I prefer something with a little more knock down power when dealing with those deadly animals.


----------



## Nightcrawler666 (Apr 17, 2014)

Neo said:


> I prefer something with a little more knock down power when dealing with those deadly animals.


5.56?


----------



## Neo (Jun 29, 2013)

6.5 X 47 Lapau at just under 100 yards. Got 4 more ( 150, 420, 460, and 520 yards ) Here the one from 420 yards he took a step forward right as I squeezed off the shot.


----------



## Shaun69007 (Sep 2, 2009)

150 yards

ATTACH=full]214881[/ATTACH]


----------



## Nightcrawler666 (Apr 17, 2014)

Hahaha holly moley. At first I thought maybe a .308? But, maybe just a sporterized .223/5.56. I'm limited on how high of a caliber I can go after them with here. Very flat, cows in pasture and houses in the distance. Not even close to enough land to have to take a 400yd shot, so I just use .223 and/or 5.56. But that 6.5 looks like some fun.


----------



## Neo (Jun 29, 2013)

Pic of the loaded round next to an empty 308 win.










Here's a pretty cool pic right as I fired.


----------



## Fish Guru (Jul 8, 2016)

THATS A NICE TOY RIGHT THERE....


----------



## bobk (Apr 30, 2004)

Neo said:


> I prefer something with a little more knock down power when dealing with those deadly animals.


 Ouch!


----------



## beaver (Sep 28, 2010)

He didn't feel a thing. Lol


----------



## beaver (Sep 28, 2010)

beaver said:


> He didn't feel a thing. Lol


Correction, she didn't feel a thing.


----------



## Neo (Jun 29, 2013)

beaver said:


> Correction, she didn't feel a thing.


Hey now just cause I have long hair....... Oh you meant the groundhog


----------



## laynhardwood (Dec 27, 2009)

.That seems like a good prairie grizzly caliber. Clint Eastwood would be proud of that. Looks like his head is clean off


----------



## Minnowhead (Jan 12, 2011)

Red mist...


----------



## TomC (Aug 14, 2007)

What kind of can your running on it?


----------



## Neo (Jun 29, 2013)

TomC said:


> What kind of can your running on it?


It's a Thunder Beast 30 BA soon to be replaced by an Ultra-9. I'm a Thunder Beast dealer.


----------



## ODNR3723 (Apr 12, 2007)

Have you tried running lighter bullets in your 6.5? I started loading 85 sierras and my buddy loads 95 hornady's. Damage is incredible. My 6.5 isn't threaded though so I usually run my 243 ackley with a gemtech can. I'm a noise snob now when it comes to shooting prairie grizzlies. Which by the way, this is the first time I have heard that name. I like it!


----------



## Neo (Jun 29, 2013)

ODNR3723 said:


> Have you tried running lighter bullets in your 6.5? I started loading 85 sierras and my buddy loads 95 hornady's. Damage is incredible. My 6.5 isn't threaded though so I usually run my 243 ackley with a gemtech can. I'm a noise snob now when it comes to shooting prairie grizzlies. Which by the way, this is the first time I have heard that name. I like it!

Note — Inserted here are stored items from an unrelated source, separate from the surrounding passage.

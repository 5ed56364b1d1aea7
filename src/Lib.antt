-- ===== src/Lib.antt =====
-- Verification library of approvio, a service in which workflows are approved by votes: the domain
-- layer of the TypeScript program under app/domain/src, the services, tables and handlers that its
-- core goes through (app/services/src, app/external/src/database, app/worker/src), and what they use
-- of app/utils/src.
--
-- How the parts interact: a workflow template carries an approval rule over groups and says who may
-- vote (Template); a vote (Vote) is cast by a user or an agent (Entity) on a workflow (Workflow);
-- the evaluation plays all votes of a workflow in the order of their instants (Workflow.Timeline),
-- keeps a tally (Workflow.Tally), and stops at the first moment at which nobody vetoes and the votes
-- cover the rule (Workflow.Evaluation). Roles (Role) decide who may do what, groups have members
-- (Membership), refresh tokens keep sessions alive (RefreshToken), and quotas (Quota) are set on the
-- kinds of resources and what is above them (Hierarchy). A vote is cast through a service
-- (VoteService) that checks all this, and is stored together with a mark on its workflow (Store); a
-- background worker evaluates marked workflows (Recalculation), while votes, cancellations
-- (Cancellation) and sweeps go on. Workers carry out the actions of a workflow as tasks (Task),
-- under a lock.
--
-- Which file models which part:
--   Base          fp-ts Either with do blocks (Base.Result), Map and Set in insertion order
--                 (Base.Dict, Base.Sets), text as code points (Base.Text), tests, lists, integers
--   Uuid, Json    app/utils/src/validation.ts: isUUIDv7, and raw values as the factories get them
--   Entity        app/domain/src/authenticated-entity.ts: EntityReference, getNormalizedEntityId;
--                 Entity.Authenticated has who makes a request
--   Vote          app/domain/src/vote.ts: Vote.Validation has VoteFactory
--   Rule          app/domain/src/approval-rules.ts: covers is doesVotesCoverApprovalRules;
--                 Rule.Validation is ApprovalRuleFactory, Rule.Privilege isHighPrivilegeRequired
--   Workflow      app/domain/src/workflows.ts: Validation is WorkflowFactory; Timeline, Tally and
--                 Evaluation are the three steps of evaluateWorkflowStatus; Voting is
--                 canVoteOnWorkflow
--   Role          app/domain/src/role.ts, and app/domain/src/permission-checker.ts in
--                 Role.Permission; Role.Assigned has two tests of app/domain/src/user.ts
--   Template      app/domain/src/workflow-templates.ts: canVote; Template.Validation is
--                 WorkflowTemplateFactory, Template.Lifecycle the deprecation, Template.Version
--                 getMostRecentVersionFromTuples; Template.Actions has
--                 app/domain/src/workflow-actions.ts
--   Membership    app/domain/src/group-membership.ts: GroupManager, which is passed and returned
--                 explicitly, together with what a call returns
--   RefreshToken  app/domain/src/refresh-token.ts: validation, markAsUsed, canTokenBeRefreshed;
--                 RefreshToken.Family has validateTokenRefreshEligibilityOrRevoke of
--                 app/services/src/auth/auth.service.ts over the rows of
--                 app/external/src/database/refresh-token.repository.ts; RefreshToken.Rotation has
--                 createForUser, the transaction of a refresh, and concurrent callers of
--                 refreshTokenForUser and refreshTokenForAgent
--   Hierarchy     app/domain/src/hierarchy.ts: getParentsOfType
--   Quota         app/domain/src/quota.ts: QuotaIdentifierFactory,
--                 and Quota.Service for app/services/src/quota/quota.service.ts and
--                 app/services/src/hierarchy/hierarchy.service.ts over given repositories
--   Store         app/external/src/database/workflow.repository.ts and vote.repository.ts: the rows and
--                 the statements on them; Store.VoteRows maps votes, Store.Listing filters workflows
--   Recalculation app/services/src/workflow/workflow-recalculation.service.ts: the worker and the
--                 sweep; Recalculation.Interleaving has the steps of concurrent callers on the tables
--   Cancellation  app/services/src/workflow-template/workflow-template.service.ts: cancelWorkflows,
--                 its loop, and cancelWorkflowsAndDeprecateTemplate
--   VoteService   app/services/src/vote/vote.service.ts: canVote and castVote, with
--                 useHighPrivilegeToken of app/services/src/auth/auth.service.ts
--   Task          app/domain/src/workflow-tasks/base.ts and email-task.ts; Task.Rows is
--                 app/external/src/database/task.repository.ts for one e-mail task, Task.Processing
--                 app/worker/src/processor/workflow-action-email.processor.ts
--   Group         app/domain/src/group.ts: GroupFactory
--   Space         app/domain/src/space.ts: SpaceFactory
--   OrganizationAdmin
--                 app/domain/src/organization-admin.ts: OrganizationAdminFactory
--   Email         app/utils/src/validation.ts: isEmail
--   Tests         runs on concrete inputs and instances of the theorems
--
-- Conventions: an instant is a natural number of milliseconds. Where the source reads the clock, the
-- reading is an argument; two readings in one function are two arguments. A new id is an argument
-- too. Text lengths are counted in UTF-16 code units, as JavaScript does. An error is the `left` of
-- a result, with the source's name for it. A mutable object is passed in and returned.
--
-- Concurrency: the tables of one workflow, its row and its votes, are changed by callers in steps,
-- each of which reads or changes them once, as a statement or a transaction of the database does;
-- any number of callers, in any order. So are the table of refresh tokens and the row of a task. The
-- database runs at READ COMMITTED, so the statement that revokes a family of refresh tokens takes
-- two steps: it sees the rows of the table when it starts, and writes the latest versions of these
-- when it ends. What Postgres holds of a text in a column is a parameter with what it documents as a
-- hypothesis (Store.VoteRows.Columns). Services are given the repositories as parameters; what a
-- call changes outside is returned as a list of effects.
--
-- Fuel: only the loop of getParentsOfType takes fuel (Hierarchy.parents_from). Five rounds are
-- chosen where a number is needed, since no node type has more than three types above it. The loop
-- of the cancellation counts down the attempts that are left, two as in the source. All other loops
-- are structural recursion over the list or the rule they traverse; the levels that Rule.Validation
-- counts down are the source's own limit MAX_NESTING_DEPTH.
--
-- Not modelled: the other factories of the domain (users, agents, tasks other than the e-mail task),
-- the other services, the controllers and the other adapters of the database, queues and identity
-- providers; failures of the database, and locks below the level of a statement; what columns other
-- than those of votes do to a text; the object properties that validation passes on unread;
-- exceptions of the runtime. The order of an Array.prototype.sort is modelled by a stable insertion
-- sort, as the language asks for.
pub mod Base
pub mod Cancellation
pub mod Email
pub mod Entity
pub mod Group
pub mod Hierarchy
pub mod Json
pub mod Membership
pub mod OrganizationAdmin
pub mod Quota
pub mod Recalculation
pub mod RefreshToken
pub mod Role
pub mod Rule
pub mod Space
pub mod Store
pub mod Task
pub mod Template
pub mod Tests
pub mod Uuid
pub mod Vote
pub mod VoteService
pub mod Workflow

The chamber reamer was made to shoot 140 berger's loaded to just under mag length with a .005 jam. I did try some 120-123 but groups opened up to almost 1/2 moa. Here a pic of a couple 5 shot groups with the 140's @ 100 yrds. The one on the left is first 5 rounds ( including clean cold bore shot ) after a barrel cleaning the 2nd group is the next 5. Targets are around 1 1/2". Max spread when I punch it into On Target shows .130 moa center to center.


----------



## ODNR3723 (Apr 12, 2007)

Excellent group. Have you had a chance to stretch her out? I can not get bergers to shoot like that. I tried the VLD and it was not pretty. Stuck with the 142 SMK for
longer range. Are you running H4350 or does it prefer something different?


----------



## Neo (Jun 29, 2013)

39.5 grains of H4350 is my go to load. RL17 gives my more velocity but at a price of accuracy. I've shot the rifle out to 1760 yards at an 18" plate with a 70% hit ratio.


----------



## ODNR3723 (Apr 12, 2007)

That is some fine shooting. What is your velocity with that load? I had good results with RL17 as well but brass life was short.


----------



## Neo (Jun 29, 2013)

ODNR3723 said:


> That is some fine shooting. What is your velocity with that load? I had good results with RL17 as well but brass life was short.


2800 fps over a magneto speed. Single digit ES. RL17 gets 2925 fps but accuracy opens ups slightly and had to reduce load .10 grains for every ten degrees of temp increase or the bolt would get stiff after a few shots.


----------